If an alloca only has two types of uses: 1) reads 2) a memcpy/memmove that
copies from a constant global, then we can change the reads to read from the
global instead of from the alloca.  This eliminates the alloca and the memcpy,
and promotes secondary optimizations (because the loads are now loads from
a constant global).

This is important for a common C idiom:

void foo() {
   int A[] = {1,2,3,4,5,6,7,8,9...};
   ... only reads of A ...
}

For some reason, people forget to mark the array static or const.

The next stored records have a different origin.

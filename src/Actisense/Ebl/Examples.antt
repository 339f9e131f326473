-- ===== src/Actisense/Ebl/Examples.antt =====
-- The theorems on actisense/eblreader.go at the frame that its comment explains, PGN 129025.
use go_nmea_client.Common.{ℕ, ◌≤◌, ◌≡◌, refl, List, [], ◌∷◌, arith, ok, length, replicate, false}
use go_nmea_client.Canbus.{parse_can_id}
use go_nmea_client.Actisense.{Config}
use go_nmea_client.Actisense.Binary.{finished}
use go_nmea_client.Actisense.Binary.Framing.{events, waiting}
use go_nmea_client.Actisense.Ebl.{read_ebl_message}
use go_nmea_client.Actisense.Ebl.Framing.{framed, escape}
use go_nmea_client.Actisense.Ebl.Receive.{bst95_message, read_bst95}

abbrev config : Config
config = record {
  receive_data_timeout = 5_000_000_000;
  output_actisense_messages = false;
  is_n2k_writer = false;
}

abbrev buffer : List ℕ
buffer = replicate 1785 0

abbrev position : List ℕ
position = 0x3d ∷ 0x0d ∷ 0xb3 ∷ 0x22 ∷ 0x48 ∷ 0x32 ∷ 0x59 ∷ 0x0d ∷ []

framed-position :
    framed (0x07 ∷ 0x95 ∷ bst95_message 0x28 0x9a 0x09f80100 position)
    ≡ 0x1b ∷ 0x01 ∷ 0x07 ∷ 0x95 ∷ 0x0e ∷ 0x28 ∷ 0x9a ∷ 0x00 ∷ 0x01 ∷ 0xf8 ∷ 0x09 ∷ 0x3d ∷ 0x0d
      ∷ 0xb3 ∷ 0x22 ∷ 0x48 ∷ 0x32 ∷ 0x59 ∷ 0x0d ∷ 0x1b ∷ 0x0a ∷ []
unfolding framed escape bst95_message
framed-position = refl

position_fits : length (0x07 ∷ 0x95 ∷ bst95_message 0x28 0x9a 0x09f80100 position) ≤ length buffer
unfolding bst95_message
position_fits = omega arith

read_bst95_example :
    read_ebl_message config
      (waiting buffer 0 0)
      (events 9 (framed (0x07 ∷ 0x95 ∷ bst95_message 0x28 0x9a 0x09f80100 position)))
    ≡ finished (ok (record { time = 9; header = parse_can_id 0x09f80100; bytes = position }))
read_bst95_example =
    read_bst95 config 9 buffer 0 0 0x28 0x9a 0x09f80100 position (omega arith) (omega arith)
      position_fits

This triggers on these multisource benchmarks:
JM/ldecode: block_pos, [3 x [4 x [4 x i32]]]
FreeBench/mason: m, [18 x i32], inlined 4 times
MiBench/office-stringsearch: search_strings, [1332 x i8*]
MiBench/office-stringsearch: find_strings, [1333 x i8*]
Prolangs-C++/city: dirs, [9 x i8*], inlined 4 places

and these spec benchmarks:
177.mesa: message, [8 x [32 x i8]]
186.crafty: bias_rl45, [64 x i32]
186.crafty: diag_sq, [64 x i32]
186.crafty: empty, [9 x i8]
186.crafty: xlate, [15 x i8]
186.crafty: status, [13 x i8]
186.crafty: bdinfo, [25 x i8]
445.gobmk: routines, [16 x i8*]
458.sjeng: piece_rep, [14 x i8*]
458.sjeng: t, [13 x i32], inlined 4 places.
464.h264ref: block8x8_idx, [3 x [4 x [4 x i32]]]
464.h264ref: block_pos, [3 x [4 x [4 x i32]]]
464.h264ref: j_off_tab, [12 x i32]

This implements Transforms/ScalarRepl/memcpy-from-global.ll



---
Diffs of the changes:  (+105 -4)

 ScalarReplAggregates.cpp |  109 +++++++++++++++++++++++++++++++++++++++++++++--
 1 files changed, 105 insertions(+), 4 deletions(-)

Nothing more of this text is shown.